Next step is to create the partitions for use by OCFS. This is done using the Linux fdisk utility.

fdisk /dev/d439

Size of partitions should take into consideration the block size used during the format operation. Oracle supports a block size between 2K to 1MB range. The max partition size is derived using the formula.

block_size * 1M * 8 (Bitmap size is fixed to 1M)

If the block size if 2K the partition size would be

(2 * 1024) * (1M * 1024 * 1024) *8  = 16GB

Note

Like all files systems OCFS has an operational overhead, the overhead would be approximately 10MB which is used for the files metadata, the ''system files'' that is stored at the end of the disk and the partition headers. This should be taken into consideration when creating smaller partitions.

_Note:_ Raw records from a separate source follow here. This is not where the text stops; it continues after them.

-- ===== src/Find/Listing.antt =====
-- What the rules of src/find.cc for pruning, depth and printing select of a tree, independently of its
-- walk: every entry of the tree in the order of its directories, filtered. The rules are those of
-- the emulator: it prunes directories only, and prints each that it prunes, where `find` also prunes
-- files and beside an explicit `-print` prints nothing that it prunes.
mod Stored
pub mod Directory
pub mod Walked
use kati.Prelude.{
  ℕ, suc, ◌+◌, ◌≡◌, refl, arith, Bool, true, false, not, ◌&&◌, ◌||◌, Option, some, List, [], ◌∷◌,
  ◌++◌, Bytes, get_elem?, leb, if◌then◌else◌,
}
use kati.Find.{EntryType, FindCommand, Node, dir_node, file_node, symlink_node, dir, lnk}
use kati.Find.Run.{path_of, holds}

-- A tree of entries, as the file system has it.
mutual
  pub data Tree : Type 0 where
    leaf : Bytes → EntryType → Tree
    link : Bytes → ℕ → Option ℕ → Tree
    branch : Bytes → Forest → Tree

  pub data Forest : Type 0 where
    nil : Forest
    cons : Tree → Forest → Forest

abbrev pub label : Tree → Bytes
label (leaf name type) = name
label (link name errno to) = name
label (branch name kids) = name

-- How many entries a tree has.
unfoldable mutual
  pub size : Tree → ℕ
  size (leaf name type) = 1
  size (link name errno to) = 1
  size (branch name kids) = suc (size_all kids)

  pub size_all : Forest → ℕ
  size_all nil = 0
  size_all (cons t ts) = size t + size_all ts

-- That the entry of a number is a tree.
module _ (nodes : List Node) where
  unfoldable mutual
    pub Stores : Tree → ℕ → Type 0
    Stores (leaf name type) n = get_elem? nodes n ≡ some (file_node name type)
    Stores (link name errno to) n = get_elem? nodes n ≡ some (symlink_node name errno to)
    Stores (branch name kids) n =
        (parent : Option ℕ) × (children : List (Bytes × ℕ)) × (get_elem? nodes n
          ≡ some (dir_node name parent children))
        × StoresAll kids children

    pub StoresAll : Forest → List (Bytes × ℕ) → Type 0
    StoresAll nil [] = Unit {0}
    StoresAll nil (e ∷ children) = ⊥
    StoresAll (cons t ts) [] = ⊥
    StoresAll (cons t ts) (e ∷ children) = Stores t e.1 × StoresAll ts children

-- An entry of a tree: its depth, its path and its type, whether it is a directory, and whether a
-- directory above it is pruned.
pub record Item : Type 0 where
  pub depth : ℕ
  pub path : Bytes
  pub type : EntryType
  pub directory : Bool
  pub cut : Bool

module _ (fnmatch : Bytes → Bytes → Bool) (fc : FindCommand) where
  abbrev pub is_pruned : Bytes → Bool
  is_pruned path = holds fnmatch false fc.prune_cond path dir

  -- Every entry of a tree, a directory before what it holds.
  unfoldable mutual
    pub entries : ℕ → Bool → Bytes → Tree → List Item
    entries d cut path (leaf name type) =
        record { depth = d; path = path; type = type; directory = false; cut = cut } ∷ []
    entries d cut path (link name errno to) =
        record { depth = d; path = path; type = lnk; directory = false; cut = cut } ∷ []
    entries d cut path (branch name kids) =
        record { depth = d; path = path; type = dir; directory = true; cut = cut }
        ∷ entries_all (d + 1) (cut || is_pruned path) path kids

    pub entries_all : ℕ → Bool → Bytes → Forest → List Item
    entries_all d cut path nil = []
    entries_all d cut path (cons t ts) =
        entries d cut (path_of path (label t)) t ++ entries_all d cut path ts

  -- By the rules of the emulator an entry is listed unless it is below a pruned directory or too deep: a pruned directory always,
  -- any other entry if the print condition holds of it and it is deep enough.
  unfoldable pub is_listed : Item → Bool
  is_listed e =
      not e.cut
      && leb e.depth fc.depth
      && (if e.directory && is_pruned e.path
          then true
          else holds fnmatch true fc.print_cond e.path e.type && leb fc.mindepth e.depth)

  unfoldable pub listed : List Item → List Bytes
  unfolding is_listed
  listed [] = []
  listed (e ∷ es) = if is_listed e then e.path ∷ listed es else listed es

  -- The paths that are listed of a tree whose root has a depth and a path.
  unfoldable pub listing : ℕ → Bytes → Tree → List Bytes
  unfolding entries listed
  listing d path t = listed (entries d false path t)

  pub listed-append : (xs ys : List Item) → listed (xs ++ ys) ≡ listed xs ++ listed ys
  unfolding listed
  listed-append [] ys = refl
  listed-append (e ∷ xs) ys = ground (arith, listed-append xs ys)

  -- Nothing is listed below a pruned directory, and nothing that is too deep.
  mutual
    unfolding entries listed

    listed-entries :
        (d : ℕ) (cut : Bool) (path : Bytes) (t : Tree)
        → (not cut && leb d fc.depth) ≡ false
        → listed (entries d cut path t) ≡ []
    listed-entries d cut path (leaf name type) h = ground arith
    listed-entries d cut path (link name errno to) h = ground arith
    listed-entries d cut path (branch name kids) h =
        ground (arith, listed-entries_all (d + 1) (cut || is_pruned path) path kids)

    pub listed-entries_all :
        (d : ℕ) (cut : Bool) (path : Bytes) (ts : Forest)
        → (not cut && leb d fc.depth) ≡ false
        → listed (entries_all d cut path ts) ≡ []
    listed-entries_all d cut path nil h = refl
    listed-entries_all d cut path (cons t ts) h = rw (
      listed-append (entries d cut (path_of path (label t)) t) (entries_all d cut path ts),
      listed-entries d cut (path_of path (label t)) t h,
      listed-entries_all d cut path ts h,
    )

Once the partitions are created using the fdisk utility they have to be formatted under OCFS. This step could be performed using the ocfstool utility or manually from the command line. This step should also be performed as user root. This process also defines the block size for the partition. For optimal performance benefits it is recommended that the block size be set at 128K.

After invoking the ocfstool (/usr/bin/ocfstool), using the format option (Figure 17.1) under the tasks tab is used to format the partitions with OCFS.

Figure 17.1: OCFS Tool Interface
Next step is to mount the partitions. Prior to mounting these partitions the appropriate mount points (directories) need to be created.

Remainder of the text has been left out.